CODEWITHSUNDEEP
cpointerstypesmalloc
FShiwani
FShiwani

Reputation: 181

Double-asterisks and `malloc` in C

I've been studying pointers for a while and I can't seem to wrap my head around it fully. There seems to be a gap that isn't explained when you jump from tutorials explaining pointers to actual functions and code that assume you know about them. The piece of code that is annoyning me is as follows:

char **output_str = malloc(sizeof(char*));

Alright, so my understanding is as follows, 

**output_str is a character
*output_str is a pointer to a character
output_str is a pointer to a pointer to a character

From what I know malloc() returns a pointer to the start of the memory that has just been allocated which has a size value equal to the size of a pointer to a character(char*). Now, shouldn't a pointer to the start of the memory have a single *? If so, how can we assign something with a * to a **? I'm quite confused, if anyone could provide some clarification and maybe with some insight into the memory part that would very nice.

Upvotes: 8

Views: 1494

Answers (5)

Santiago Varela
Santiago Varela

Reputation: 2237

Your code block is correct. With this declaration:

char **output_str = malloc(sizeof(char*));

output_str is a char pointer to a char pointer, or it could be seen as a 2d array of chars, or a matrix of char.

Graphically represented:

Memory Address | Stored Memory Address Value
----------------------------------------------
0              |     .....
1              |     .....
2              |     .....
3              |     .....
4              |     .....
5              |     .....
6              |     .....
.              |     .....
.              |     .....
.              |     .....
n-1            |     .....

Imagine the memory as being a very big array in which you can access positions by its memory address (in this case we've simplified the addresses to natural numbers. In reality they're hexadecimal values). "n" is the total amount (or size) of the memory. Since Memory counts and starts in 0, size is equivalent to n-1.

1. When you invoke:

char **output_str = malloc(sizeof(char*));

The Operating System and the C compiler does it for us, but we can think that our memory has been changed. E.g. Memory address 3 now has a char pointer to a char pointer called output_str. .

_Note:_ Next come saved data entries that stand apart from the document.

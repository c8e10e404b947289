-- ===== src/Rest.antt =====
-- sdks/cpp/connections/REST: the methods of include/interface/ISocketReader.h with their names, and what
-- a `SocketReader` keeps of a request.
pub mod Paths
pub mod Headers
pub mod Reader
pub mod Routes
pub mod Bodies
pub mod Writer
pub mod Events
pub mod Answers
pub mod Controllers
pub mod Languages
pub mod Assets
pub mod Agreement
pub mod Streaming
pub mod Collecting
pub mod Collected
pub mod Infos
pub mod Connecting
pub mod Pushes
pub mod Informed
pub mod Service
use catena.Base.{ℕ, Bool, true, false, List, [], ◌∷◌, if◌then◌else◌}
use catena.Base.Text.{Text, txt, eqb}
use catena.Device.{DetailLevel}

-- `RESTMethod`
pub data Method : Type 0 where
  no_method get post put patch delete head options : Method

-- `RESTMethodMap`
unfoldable pub method_name : Method → Text
method_name no_method = txt "NONE"
method_name get = txt "GET"
method_name post = txt "POST"
method_name put = txt "PUT"
method_name patch = txt "PATCH"
method_name delete = txt "DELETE"
method_name head = txt "HEAD"
method_name options = txt "OPTIONS"

abbrev pub all_methods : List Method
all_methods = no_method ∷ get ∷ post ∷ put ∷ patch ∷ delete ∷ head ∷ options ∷ []

-- The reverse map; `method_` is left at `Method_NONE` where it has no such name.
unfoldable pub find_method : Text → List Method → Method
unfolding method_name
find_method name [] = no_method
find_method name (m ∷ ms) = if eqb (method_name m) name then m else find_method name ms

abbrev pub eq_method : Method → Method → Bool
eq_method no_method no_method = true
eq_method get get = true
eq_method post post = true
eq_method put put = true
eq_method patch patch = true
eq_method delete delete = true
eq_method head head = true
eq_method options options = true
eq_method _ _ = false

-- What the path says.
pub record Target : Type 0 where
  pub slot : ℕ
  pub endpoint : Text
  pub fqoid : Text
  pub stream : Bool

-- What the headers say; `contentLength` and `hasContentType` are variables of `read`.
pub record Heading : Type 0 where
  pub jws_token : Text
  pub origin : Text
  pub detail_level : DetailLevel
  pub request_start : ℕ
  pub content_length : ℕ
  pub has_content_type : Bool

pub record Request : Type 0 where
  pub method : Method
  pub target : Target
  pub fields : List (Text × Text)
  pub heading : Heading
  pub json_body : Text
  pub request_received : ℕ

    Memory Address | Name - Stored Memory Address Value (it points to ...)
    -----------------------------------------------------
    0              |     .....
    1              |     .....
    2              |     .....
    3              |     output_str = undefined
    4              |     .....
    5              |     .....
    6              |     .....
    .              |     .....
    .              |     .....
    .              |     .....
    n-1            |     .....

2. Now if we say:

*output_str = malloc(sizeof(char));

The memory has been changed again. E.g. Memory address 0 now has a char pointer called *output_str.

    Memory Address | Name - Stored Memory Address Value (it points to ...)
    -----------------------------------------------------
    0              |     *output_str = undefined
    1              |     .....
    2              |     .....
    3              |     output_str = 0
    4              |     .....
    5              |     .....
    6              |     .....
    .              |     .....
    .              |     .....
    .              |     .....
    n-1            |     .....

3. We declare a statically instanced char:

char a = 'a';

So again our memory has changed, it has placed at MemoryAddress[6] = 'a':

        Memory Address | Name -> Stored Memory Address Value (it points to ...)
        ------------------------------------------------------
        0              |     *output_str = undefined
        1              |     .....
        2              |     .....
        3              |     output_str = 0
        4              |     .....
        5              |     .....
        6              |     a = 'a' // 'a'is static memory
        .              |     .....
        .              |     .....
        .              |     .....
        n-1            |     .....

Lastly, we invoke *output_str = &a; we are now telling char pointer *output_str to point to/reference the previously instantiated char a.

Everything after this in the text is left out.